▸ **Problem**
Return, word for word, only the lines of the data below that lie between the line with "let free : linked" and the line with "(fill_gap-IsFilled same m", those two lines included.

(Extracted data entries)
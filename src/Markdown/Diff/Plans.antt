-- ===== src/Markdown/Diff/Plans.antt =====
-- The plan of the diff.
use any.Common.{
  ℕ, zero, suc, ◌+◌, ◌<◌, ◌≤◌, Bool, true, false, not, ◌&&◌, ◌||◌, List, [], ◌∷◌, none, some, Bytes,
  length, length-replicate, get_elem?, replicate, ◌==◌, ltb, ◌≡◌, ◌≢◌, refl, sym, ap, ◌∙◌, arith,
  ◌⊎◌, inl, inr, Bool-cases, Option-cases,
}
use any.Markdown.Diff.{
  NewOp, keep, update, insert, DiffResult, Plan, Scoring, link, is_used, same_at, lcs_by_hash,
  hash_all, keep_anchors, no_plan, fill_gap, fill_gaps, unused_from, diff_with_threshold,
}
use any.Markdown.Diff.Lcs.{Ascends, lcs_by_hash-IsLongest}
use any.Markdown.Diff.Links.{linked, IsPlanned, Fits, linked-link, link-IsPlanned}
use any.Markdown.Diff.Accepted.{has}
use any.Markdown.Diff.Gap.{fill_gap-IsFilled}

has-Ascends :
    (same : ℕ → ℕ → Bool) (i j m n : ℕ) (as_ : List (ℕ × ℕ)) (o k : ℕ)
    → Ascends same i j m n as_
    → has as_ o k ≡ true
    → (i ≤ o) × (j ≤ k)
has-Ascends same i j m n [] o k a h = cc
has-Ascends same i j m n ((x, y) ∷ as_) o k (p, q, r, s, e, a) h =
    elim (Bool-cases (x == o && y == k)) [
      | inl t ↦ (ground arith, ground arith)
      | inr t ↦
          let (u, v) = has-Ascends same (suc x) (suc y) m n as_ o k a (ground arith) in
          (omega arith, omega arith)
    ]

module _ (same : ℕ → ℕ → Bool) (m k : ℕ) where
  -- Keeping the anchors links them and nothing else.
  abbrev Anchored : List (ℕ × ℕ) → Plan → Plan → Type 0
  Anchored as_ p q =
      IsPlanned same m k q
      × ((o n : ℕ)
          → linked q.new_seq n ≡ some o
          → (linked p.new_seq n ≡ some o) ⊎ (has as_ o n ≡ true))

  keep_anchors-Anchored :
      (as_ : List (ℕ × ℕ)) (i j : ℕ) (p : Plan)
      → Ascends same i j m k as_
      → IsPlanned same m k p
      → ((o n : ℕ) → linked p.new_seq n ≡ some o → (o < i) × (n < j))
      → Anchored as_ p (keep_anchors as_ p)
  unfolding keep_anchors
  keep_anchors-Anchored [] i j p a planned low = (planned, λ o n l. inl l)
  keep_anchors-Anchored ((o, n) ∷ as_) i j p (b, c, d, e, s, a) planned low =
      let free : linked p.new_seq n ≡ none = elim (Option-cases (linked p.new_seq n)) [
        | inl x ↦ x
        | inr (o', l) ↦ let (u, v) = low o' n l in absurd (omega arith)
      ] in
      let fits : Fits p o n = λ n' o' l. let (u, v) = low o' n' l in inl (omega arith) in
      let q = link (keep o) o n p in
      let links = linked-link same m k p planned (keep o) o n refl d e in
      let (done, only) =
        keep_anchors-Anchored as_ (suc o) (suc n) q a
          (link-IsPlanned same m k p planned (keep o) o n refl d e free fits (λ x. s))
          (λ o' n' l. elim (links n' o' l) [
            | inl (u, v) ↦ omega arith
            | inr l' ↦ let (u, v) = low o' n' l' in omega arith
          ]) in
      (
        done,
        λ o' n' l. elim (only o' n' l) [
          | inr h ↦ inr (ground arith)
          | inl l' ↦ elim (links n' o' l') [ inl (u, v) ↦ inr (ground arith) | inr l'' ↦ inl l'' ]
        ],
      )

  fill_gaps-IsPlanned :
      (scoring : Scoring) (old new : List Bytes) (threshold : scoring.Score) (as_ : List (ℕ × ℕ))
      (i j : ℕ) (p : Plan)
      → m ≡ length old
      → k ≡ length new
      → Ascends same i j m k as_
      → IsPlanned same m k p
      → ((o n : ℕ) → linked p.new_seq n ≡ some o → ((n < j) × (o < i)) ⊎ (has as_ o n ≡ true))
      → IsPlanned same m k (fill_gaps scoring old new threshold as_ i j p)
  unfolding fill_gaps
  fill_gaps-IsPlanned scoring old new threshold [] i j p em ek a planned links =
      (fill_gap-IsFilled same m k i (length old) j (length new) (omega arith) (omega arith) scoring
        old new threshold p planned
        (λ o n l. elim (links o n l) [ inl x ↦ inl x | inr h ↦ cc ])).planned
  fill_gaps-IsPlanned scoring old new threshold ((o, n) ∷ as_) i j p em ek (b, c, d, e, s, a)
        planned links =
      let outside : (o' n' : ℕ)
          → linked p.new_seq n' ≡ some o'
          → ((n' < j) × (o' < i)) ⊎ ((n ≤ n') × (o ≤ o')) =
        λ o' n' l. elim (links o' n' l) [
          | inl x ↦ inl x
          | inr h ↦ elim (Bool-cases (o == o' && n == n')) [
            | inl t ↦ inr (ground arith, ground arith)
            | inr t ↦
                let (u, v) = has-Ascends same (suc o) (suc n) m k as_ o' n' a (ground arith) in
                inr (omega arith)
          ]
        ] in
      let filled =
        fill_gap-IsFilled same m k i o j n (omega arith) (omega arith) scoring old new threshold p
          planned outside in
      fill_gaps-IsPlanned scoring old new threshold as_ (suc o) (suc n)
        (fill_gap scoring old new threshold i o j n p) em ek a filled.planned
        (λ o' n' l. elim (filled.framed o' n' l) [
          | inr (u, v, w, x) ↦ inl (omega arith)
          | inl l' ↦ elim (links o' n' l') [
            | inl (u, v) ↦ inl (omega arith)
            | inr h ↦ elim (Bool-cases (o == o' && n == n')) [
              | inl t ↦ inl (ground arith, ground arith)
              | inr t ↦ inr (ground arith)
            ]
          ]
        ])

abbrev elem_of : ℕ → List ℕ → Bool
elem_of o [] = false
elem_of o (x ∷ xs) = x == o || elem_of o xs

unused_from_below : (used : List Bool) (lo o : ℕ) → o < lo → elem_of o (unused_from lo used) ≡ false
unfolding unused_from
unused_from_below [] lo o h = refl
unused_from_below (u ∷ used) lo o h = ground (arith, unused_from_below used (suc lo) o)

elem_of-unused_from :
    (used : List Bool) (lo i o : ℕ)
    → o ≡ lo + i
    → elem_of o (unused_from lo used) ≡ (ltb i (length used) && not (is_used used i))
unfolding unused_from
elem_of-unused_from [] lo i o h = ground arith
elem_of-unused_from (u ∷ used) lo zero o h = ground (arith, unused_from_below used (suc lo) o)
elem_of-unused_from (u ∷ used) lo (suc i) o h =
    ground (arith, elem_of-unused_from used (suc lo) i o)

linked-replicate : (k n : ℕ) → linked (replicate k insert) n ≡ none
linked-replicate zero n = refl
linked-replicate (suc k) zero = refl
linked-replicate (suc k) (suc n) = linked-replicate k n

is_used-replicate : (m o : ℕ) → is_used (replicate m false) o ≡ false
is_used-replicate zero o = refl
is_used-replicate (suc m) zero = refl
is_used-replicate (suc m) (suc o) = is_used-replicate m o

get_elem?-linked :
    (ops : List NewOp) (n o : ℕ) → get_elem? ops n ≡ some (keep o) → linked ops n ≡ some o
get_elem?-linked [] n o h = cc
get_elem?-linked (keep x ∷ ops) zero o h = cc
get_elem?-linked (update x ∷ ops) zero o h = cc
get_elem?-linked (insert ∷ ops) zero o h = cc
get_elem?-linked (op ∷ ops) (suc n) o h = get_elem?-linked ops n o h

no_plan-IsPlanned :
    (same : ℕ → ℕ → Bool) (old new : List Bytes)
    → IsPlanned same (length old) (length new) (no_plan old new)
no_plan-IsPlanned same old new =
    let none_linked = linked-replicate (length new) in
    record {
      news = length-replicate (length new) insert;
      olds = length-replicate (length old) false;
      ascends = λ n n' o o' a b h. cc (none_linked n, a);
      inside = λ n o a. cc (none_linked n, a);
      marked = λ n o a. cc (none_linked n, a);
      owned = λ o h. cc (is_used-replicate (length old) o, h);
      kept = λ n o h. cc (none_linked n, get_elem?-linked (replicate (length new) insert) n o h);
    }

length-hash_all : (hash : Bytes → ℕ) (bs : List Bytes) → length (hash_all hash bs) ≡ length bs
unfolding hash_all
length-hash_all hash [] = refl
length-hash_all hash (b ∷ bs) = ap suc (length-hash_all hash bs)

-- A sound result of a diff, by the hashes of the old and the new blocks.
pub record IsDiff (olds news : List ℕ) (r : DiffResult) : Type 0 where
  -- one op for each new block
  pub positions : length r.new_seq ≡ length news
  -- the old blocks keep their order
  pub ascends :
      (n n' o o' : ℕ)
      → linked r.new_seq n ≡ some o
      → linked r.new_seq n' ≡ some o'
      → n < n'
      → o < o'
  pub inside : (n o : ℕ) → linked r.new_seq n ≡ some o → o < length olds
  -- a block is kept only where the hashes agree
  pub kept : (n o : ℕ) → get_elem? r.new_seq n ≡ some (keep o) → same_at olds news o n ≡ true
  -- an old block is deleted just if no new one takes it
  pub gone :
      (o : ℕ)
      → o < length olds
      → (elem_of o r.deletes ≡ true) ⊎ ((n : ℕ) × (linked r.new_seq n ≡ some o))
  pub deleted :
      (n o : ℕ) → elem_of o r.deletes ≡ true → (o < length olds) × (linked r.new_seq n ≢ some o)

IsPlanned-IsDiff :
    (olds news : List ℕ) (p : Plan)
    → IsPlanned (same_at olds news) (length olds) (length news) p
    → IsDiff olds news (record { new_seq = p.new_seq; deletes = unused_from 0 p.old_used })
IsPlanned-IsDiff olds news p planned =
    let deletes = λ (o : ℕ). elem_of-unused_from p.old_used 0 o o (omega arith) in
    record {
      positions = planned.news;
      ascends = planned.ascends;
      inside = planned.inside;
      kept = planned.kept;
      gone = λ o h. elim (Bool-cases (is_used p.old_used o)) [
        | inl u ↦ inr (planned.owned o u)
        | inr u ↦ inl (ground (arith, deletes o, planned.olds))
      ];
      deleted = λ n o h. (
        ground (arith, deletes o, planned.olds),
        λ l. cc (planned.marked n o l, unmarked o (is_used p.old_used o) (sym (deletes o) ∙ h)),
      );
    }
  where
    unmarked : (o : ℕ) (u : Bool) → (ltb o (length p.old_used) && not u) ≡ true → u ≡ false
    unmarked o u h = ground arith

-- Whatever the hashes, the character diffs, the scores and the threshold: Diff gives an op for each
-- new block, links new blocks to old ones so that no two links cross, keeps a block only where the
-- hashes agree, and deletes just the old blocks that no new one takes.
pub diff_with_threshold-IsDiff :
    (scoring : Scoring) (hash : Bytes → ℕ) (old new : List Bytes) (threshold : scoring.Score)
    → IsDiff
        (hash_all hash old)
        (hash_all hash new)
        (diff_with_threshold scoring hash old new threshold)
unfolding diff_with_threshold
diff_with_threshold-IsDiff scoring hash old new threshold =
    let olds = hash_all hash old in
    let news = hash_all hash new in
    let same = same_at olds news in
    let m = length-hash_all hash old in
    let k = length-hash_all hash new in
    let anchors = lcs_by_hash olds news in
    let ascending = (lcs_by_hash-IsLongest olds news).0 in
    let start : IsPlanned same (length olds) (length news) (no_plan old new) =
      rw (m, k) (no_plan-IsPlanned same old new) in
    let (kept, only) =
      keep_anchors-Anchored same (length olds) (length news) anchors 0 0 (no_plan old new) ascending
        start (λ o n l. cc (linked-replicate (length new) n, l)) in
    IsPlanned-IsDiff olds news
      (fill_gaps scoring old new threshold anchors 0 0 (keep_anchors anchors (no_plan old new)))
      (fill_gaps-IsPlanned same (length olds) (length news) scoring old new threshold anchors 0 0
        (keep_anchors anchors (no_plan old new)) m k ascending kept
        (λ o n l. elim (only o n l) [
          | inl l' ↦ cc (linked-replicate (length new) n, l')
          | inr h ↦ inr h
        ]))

▸ **Response below**
      let free : linked p.new_seq n ≡ none = elim (Option-cases (linked p.new_seq n)) [
        | inl x ↦ x
        | inr (o', l) ↦ let (u, v) = low o' n l in absurd (omega arith)
      ] in
      let fits : Fits p o n = λ n' o' l. let (u, v) = low o' n' l in inl (omega arith) in
      let q = link (keep o) o n p in
      let links = linked-link same m k p planned (keep o) o n refl d e in
      let (done, only) =
        keep_anchors-Anchored as_ (suc o) (suc n) q a
          (link-IsPlanned same m k p planned (keep o) o n refl d e free fits (λ x. s))
          (λ o' n' l. elim (links n' o' l) [
            | inl (u, v) ↦ omega arith
            | inr l' ↦ let (u, v) = low o' n' l' in omega arith
          ]) in
      (
        done,
        λ o' n' l. elim (only o' n' l) [
          | inr h ↦ inr (ground arith)
          | inl l' ↦ elim (links n' o' l') [ inl (u, v) ↦ inr (ground arith) | inr l'' ↦ inl l'' ]
        ],
      )

  fill_gaps-IsPlanned :
      (scoring : Scoring) (old new : List Bytes) (threshold : scoring.Score) (as_ : List (ℕ × ℕ))
      (i j : ℕ) (p : Plan)
      → m ≡ length old
      → k ≡ length new
      → Ascends same i j m k as_
      → IsPlanned same m k p
      → ((o n : ℕ) → linked p.new_seq n ≡ some o → ((n < j) × (o < i)) ⊎ (has as_ o n ≡ true))
      → IsPlanned same m k (fill_gaps scoring old new threshold as_ i j p)
  unfolding fill_gaps
  fill_gaps-IsPlanned scoring old new threshold [] i j p em ek a planned links =
      (fill_gap-IsFilled same m k i (length old) j (length new) (omega arith) (omega arith) scoring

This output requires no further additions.